*WHAT THE EXERCISE ASKS*
Where does the string "Base" occur in the records below? Copy every line that holds it.

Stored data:
=== Begin Enclosure ===

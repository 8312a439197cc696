-- ===== src/Lzf/Rounds.antt =====
-- What one round of the loop of `Decompress` does, in the terms of the format.
use golly.Base.{
  ℕ, zero, suc, ◌+◌, ◌-◌, ◌≤◌, ◌<◌, Bool, true, false, none, some, [], ◌∷◌, ◌++◌, append_assoc, ◌≡◌,
  refl, sym, ap, arith, Bytes, if◌then◌else◌, ltb, lt→ltb, le→ltb,
}
use golly.Base.Calls.{ok, Fuel, read_at, read_at-append}
use golly.Base.Lists.{length, length-append, length-replicate, drop, replicate}
use golly.Lzf.{Round, word, literal, round, copy_literal}
use golly.Lzf.Copy.{copy_literal-append}

drop-replicate : (n k : ℕ) → drop {A = ℕ} n (replicate k 0) ≡ replicate (k - n) 0
drop-replicate zero k = let q : k - 0 ≡ k = omega arith in rw q refl
drop-replicate (suc n) zero = let q : 0 - suc n ≡ 0 = omega arith in rw q refl
drop-replicate (suc n) (suc k) =
    let q : suc k - suc n ≡ k - n = omega arith in rw q (drop-replicate n k)

pub word-small : (n : ℕ) → n < 4294967296 → word n ≡ n
word-small n h = omega arith

either_way : (b : Bool) (r : Round) → (if b then r else r) ≡ r
either_way true r = refl
either_way false r = refl

-- The buffer of a call that has written `out`.
abbrev pub buffer : ℕ → Bytes → Bytes
buffer limit out = out ++ replicate (limit - length out) 0

pub buffer-drop :
    (limit n : ℕ) (out out' : Bytes)
    → length out' ≡ length out + n
    → out' ++ drop n (replicate (limit - length out) 0) ≡ buffer limit out'
buffer-drop limit n out out' e =
    let q : limit - length out - n ≡ limit - length out' = omega arith in
    rw (drop-replicate n (limit - length out), q) refl

copied :
    (limit : ℕ) (pre out run rest : Bytes) (c : ℕ)
    → length out + length run ≤ limit
    → copy_literal
        (length run)
        (pre ++ c ∷ (run ++ rest))
        (buffer limit out)
        (length pre + 1)
        (length out)
      ≡ ok (buffer limit (out ++ run))
copied limit pre out run rest c fits =
    rw
      (
        ← append_assoc pre (c ∷ []) (run ++ rest),
        copy_literal-append run (pre ++ c ∷ []) rest out (replicate (limit - length out) 0)
            (length pre + 1) (length out) (omega (arith, length-append pre (c ∷ []))) refl
            (omega (arith, length-replicate {A = ℕ} (limit - length out) 0)),
      )
      (ap ok (buffer-drop limit (length run) out (out ++ run) (length-append out run)))

pub round-literal :
    (limit c : ℕ) (pre out run rest : Bytes)
    → limit < 1073741824
    → c < 32
    → length run ≡ c + 1
    → length out + length run ≤ limit
    → length pre + length run + length rest + 32 < 4294967296
    → round (pre ++ c ∷ (run ++ rest)) limit (buffer limit out) (length pre) (length out)
      ≡ ok (some (buffer limit (out ++ run), length pre + 1 + (c + 1), length out + (c + 1)))
unfolding round literal
round-literal limit c pre out run rest small h e fits short =
    let q : read_at {E = Fuel} (pre ++ c ∷ (run ++ rest)) (length pre) ≡ ok c =
      read_at-append pre c (run ++ rest) (length pre) refl in
    let w : word (length out + (c + 1)) ≡ length out + (c + 1) = word-small _ (omega arith) in
    let w' : word (length pre + 1 + (c + 1)) ≡ length pre + 1 + (c + 1) =
      word-small _ (omega arith) in
    let k : c + 1 ≡ length run = sym e in
    let m : ltb (length (pre ++ c ∷ (run ++ rest))) (length pre + 1 + (c + 1)) ≡ false =
      le→ltb _ _ (omega (arith, length-append pre (c ∷ (run ++ rest)), length-append run rest)) in
    rw
      (
        q,
        lt→ltb c 32 h,
        w,
        w',
        le→ltb limit (length out + (c + 1)) (omega arith),
        m,
        k,
        copied limit pre out run rest c fits,
      )
      refl

pub round-over :
    (limit c : ℕ) (pre out rest : Bytes)
    → limit < 1073741824
    → c < 32
    → length out ≤ limit
    → limit < length out + (c + 1)
    → round (pre ++ c ∷ rest) limit (buffer limit out) (length pre) (length out) ≡ ok none
unfolding round literal
round-over limit c pre out rest small h o over =
    let q : read_at {E = Fuel} (pre ++ c ∷ rest) (length pre) ≡ ok c =
      read_at-append pre c rest (length pre) refl in
    let w : word (length out + (c + 1)) ≡ length out + (c + 1) = word-small _ (omega arith) in
    rw (q, lt→ltb c 32 h, w, lt→ltb limit (length out + (c + 1)) over) refl

pub round-cut :
    (limit c : ℕ) (pre out rest : Bytes)
    → c < 32
    → length pre + length rest + 64 < 4294967296
    → length rest < c + 1
    → round (pre ++ c ∷ rest) limit (buffer limit out) (length pre) (length out) ≡ ok none
unfolding round literal
round-cut limit c pre out rest h short cut =
    let q : read_at {E = Fuel} (pre ++ c ∷ rest) (length pre) ≡ ok c =
      read_at-append pre c rest (length pre) refl in
    let w : word (length pre + 1 + (c + 1)) ≡ length pre + 1 + (c + 1) =
      word-small _ (omega arith) in
    let m : ltb (length (pre ++ c ∷ rest)) (length pre + 1 + (c + 1)) ≡ true =
      lt→ltb _ _ (omega (arith, length-append pre (c ∷ rest))) in
    rw (q, lt→ltb c 32 h, w, m) (either_way (ltb limit (word (length out + (c + 1)))) (ok none))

=== End Enclosure ===

*SOLUTION BELOW*
use golly.Base.{
use golly.Base.Calls.{ok, Fuel, read_at, read_at-append}
use golly.Base.Lists.{length, length-append, length-replicate, drop, replicate}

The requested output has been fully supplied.